“A Tragic Kind Of Wonderful” by Eric Lindstrom

This was one of those books where I wrote a kind of rubbish, half-hearted review on Goodreads with the intention of improving it the next day or when I’d had time to think about it, and then didn’t, and now here I am a month and a half later trying to remember literally anything about the book in order to fix the mess I left, but failing.

Damn you, past!me. Write better book reviews, will you?


Publication date: December 29th, 2016

The impression I’m getting from what I did write at the time, though, is that I found this book difficult to review because I didn’t know what I felt about it. It reminded me of something else I’d read, but I can’t remember what — a frustrating situation, as comparisons usually make for comprehensible reviews. I can’t even pinpoint exactly what the similarity was (tone? subject matter?). I know. Useless.

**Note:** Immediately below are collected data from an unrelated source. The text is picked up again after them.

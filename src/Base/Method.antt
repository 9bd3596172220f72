-- ===== src/Base/Method.antt =====
-- A method on mutable state that may fail. An error leaves the state as the failing call left it:
-- nothing is rolled back.
use mathlib.Core.Path.{◌≡◌, refl}
use stunner.Base.Result.{Error, Result, ok, err}

pub data Outcome {ℓ κ} (S : Type ℓ) (A : Type κ) : Type (ℓ ⊔ κ) where
  done : A → S → Outcome S A
  failed : Error → S → Outcome S A

abbrev pub Method {ℓ κ} : Type ℓ → Type κ → Type (ℓ ⊔ κ)
Method S A = S → Outcome S A

infixl 5 ◌>>=◌ ◌>>◌
abbrev pub ◌>>=◌ {ℓ κ μ} :
    {S : Type ℓ} {A : Type κ} {B : Type μ} → Method S A → (A → Method S B) → Method S B
◌>>=◌ m f s = elim (m s) [ done a t ↦ f a t | failed e t ↦ failed e t ]

abbrev pub ◌>>◌ {ℓ κ} : {S : Type ℓ} {B : Type κ} → Method S (Unit {0}) → Method S B → Method S B
m >> k = m >>= λ _. k

abbrev pub return {ℓ κ} : {S : Type ℓ} {A : Type κ} → A → Method S A
return a s = done a s

abbrev pub get {ℓ} : {S : Type ℓ} → Method S S
get s = done s s

abbrev pub modify {ℓ} : {S : Type ℓ} → (S → S) → Method S (Unit {0})
modify f s = done tt (f s)

-- A call that does not touch the state.
abbrev pub lift {ℓ κ} : {S : Type ℓ} {A : Type κ} → Result A → Method S A
lift (ok a) s = done a s
lift (err e) s = failed e s

abbrev pub state_of {ℓ κ} : {S : Type ℓ} {A : Type κ} → Outcome S A → S
state_of (done a s) = s
state_of (failed e s) = s

abbrev pub result_of {ℓ κ} : {S : Type ℓ} {A : Type κ} → Outcome S A → Result A
result_of (done a s) = ok a
result_of (failed e s) = err e

-- A bind whose first part is known.
module _ {ℓ κ μ} {S : Type ℓ} {A : Type κ} {B : Type μ} where
  pub >>=-done :
      (m : Method S A) (f : A → Method S B) {s t : S} {a : A} → m s ≡ done a t → (m >>= f) s ≡ f a t
  >>=-done m f e = rw (e, ◌>>=◌)

  pub >>=-failed :
      (m : Method S A) (f : A → Method S B) {s t : S} {e : Error}
      → m s ≡ failed e t
      → (m >>= f) s ≡ failed e t
  >>=-failed m f h = rw (h, ◌>>=◌)

-- Inversion: a bind that succeeds, and a call that does not touch the state.
pub >>=-done_inv {ℓ κ μ} :
    {S : Type ℓ} {A : Type κ} {B : Type μ} (o : Outcome S A) (f : A → Method S B) {b : B} {u : S}
    → elim o [ done a t ↦ f a t | failed e t ↦ failed e t ] ≡ done b u
    → (a : A) × (t : S) × (o ≡ done a t) × (f a t ≡ done b u)
>>=-done_inv (done a t) f h = (a, t, refl, h)
>>=-done_inv (failed e t) f h = absurd (cc)

pub lift-done_inv {ℓ κ} :
    {S : Type ℓ} {A : Type κ} (r : Result A) (s : S) {a : A} {t : S}
    → lift r s ≡ done a t
    → (r ≡ ok a) × (s ≡ t)
lift-done_inv (ok x) s h = (cc, cc)
lift-done_inv (err e) s h = absurd (cc)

A Tragic Kind of Wonderful is about a girl with bipolar disorder recovering from her brother’s death, a fact which is only teased out slowly throughout the story despite being mentioned on the blurb. The reader therefore knows what she’s hinting at, but doesn’t know exactly what happened or how until nearly the end of the book. This allows you to join all sorts of dots, then rejoin them when you realise you were wrong about what picture they were forming, and eventually they create something that’s not quite either of those pictures.

Actually, it does that with other events in the book, too, telling the story in reverse or at laest in a slightly back-to-front manner. It’s a bit confusing to start with: who are these friends of Mel’s? Who are the others? What happened between them? Who is anyone? It gets clearer quickly if you keep reading, and the charaters are mostly distinct enough to avoid confusion or overlap between them, which helps, too.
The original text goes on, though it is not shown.